MIGUEL ÁNGEL LOMA PÉREZ

Con motivo de la flatulencia progresista de la podemita Irene Montero, con eso de las «portavozas» y la supuesta invisibilidad que condenaría a las mujeres si no utilizamos tan absurdo vocabulario, ha vuelto a circular por Internet una carta anónima atribuida a una profesora. En ella, su autora se declara orgullosa por tener la suerte de haber estudiado «bajo unos planes educativos... que primaban el esfuerzo y la formación de los alumnos por encima de las estadísticas de aprobados y de la propaganda política»; y donde se aprendía «a amar nuestra lengua, nuestra historia y nuestra cultura». Explica también cómo el participio activo de algunos verbos de acción determina que para referirse a quien ejerce dicha acción -con independencia de que sea hombre o mujer- las palabras finalicen en «ente»; como: presidente, estudiante, cantante, paciente, residente, ardiente, etc.
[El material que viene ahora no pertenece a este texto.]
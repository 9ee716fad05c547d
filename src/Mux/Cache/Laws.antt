-- ===== src/Mux/Cache/Laws.antt =====
-- How crates/protocol-mux/src/cache.rs keeps its breakpoint tracker, and what it replays.
use dappy_core.Common.{is_text, not, ℕ, ◌≡◌, arith, nat_eq, string_eq, if_keeps}
use dappy_core.Json.{Json}
use dappy_core.Mux.Cache.{
  event_name, message_kind, command, is_event, is_response, LateJoinCache, observe,
  observe_response, observe_initialize, observe_client_request, default,
}
use dappy_core.Mux.Breakpoint.{
  track_set_breakpoints_request, track_set_exception_breakpoints_request,
}
use dappy_core.Mux.Breakpoint.Slots.{IsIndexed, empty-IsIndexed}
use dappy_core.Mux.Breakpoint.Invariant.{
  observe_breakpoint_event-IsIndexed, observe_set_breakpoints_response-IsIndexed,
}

-- The tracker inside a cache is in step.
pub record IsTracked {V : Type 0} (c : LateJoinCache V) : Type 0 where
  pub slots : IsIndexed c.breakpoints

pub default-IsTracked : (V : Type 0) → IsTracked (default {V = V})
unfolding default
default-IsTracked V = record { slots = empty-IsIndexed }

module _ {V : Type 0} ⦃J : Json V⦄ where
  pub observe-IsTracked : (c : LateJoinCache V) (m : V) → IsTracked c → IsTracked (observe c m)
  unfolding observe
  observe-IsTracked c m v = if_keeps IsTracked (not (is_event (message_kind m))) _ _ v (
      if_keeps IsTracked (is_text (event_name m) "initialized") _ _ (record { slots = v.slots })
        (if_keeps IsTracked (is_text (event_name m) "stopped") _ _ (record { slots = v.slots })
          (if_keeps IsTracked (is_text (event_name m) "breakpoint") _ _
            (record { slots = observe_breakpoint_event-IsIndexed c.breakpoints m v.slots }) v)))

  observe_initialize-breakpoints :
      (c : LateJoinCache V) (m : V) → (observe_initialize c m).breakpoints ≡ c.breakpoints
  unfolding observe_initialize
  observe_initialize-breakpoints c m = ground arith

  pub observe_response-IsTracked :
      (c : LateJoinCache V) (m : V) → IsTracked c → IsTracked (observe_response c m)
  unfolding observe_response
  observe_response-IsTracked c m v =
      if_keeps IsTracked (not (is_response (message_kind m))) _ _ v (record {
        slots =
            observe_set_breakpoints_response-IsIndexed (observe_initialize c m).breakpoints m
              (rw (observe_initialize-breakpoints c m) v.slots);
      })

  pub observe_client_request-IsTracked :
      (c : LateJoinCache V) (b : ℕ) (m : V) → IsTracked c → IsTracked (observe_client_request c b m)
  unfolding observe_client_request track_set_breakpoints_request
      track_set_exception_breakpoints_request
  observe_client_request-IsTracked c b m v =
      if_keeps IsTracked (is_text (command m) "setBreakpoints") _ _
        (record { slots = record { named = v.slots.named; distinct = v.slots.distinct } })
        (if_keeps IsTracked (is_text (command m) "setExceptionBreakpoints") _ _
          (record { slots = record { named = v.slots.named; distinct = v.slots.distinct } }) v)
Y la carta termina diciendo que lamentaba haber aguado la fiesta a un grupo de hombres que habían firmado un manifiesto en defensa del género, como «el poeto, el sindicalisto, el pediatro, el deportisto, el atleto, el gimnasto, el fubolisto, el ciclisto, el motoristo, el golfisto, el funambulisto, el proyectisto, el turisto, el contratisto, el taxisto, el artisto, el periodisto, el pianisto, el trompetisto, el violinisto, el guitarristo, el arreglisto, el contratisto, el maquinisto, el electricisto, el dentisto, el oculisto, el masajisto, el policío del esquino y, sobre todo, ¡el machisto!». Una lista que quizás habría que actualizar añadiendo al progresisto, fuere derechisto o izquierdisto, socialisto, comunisto o podemito.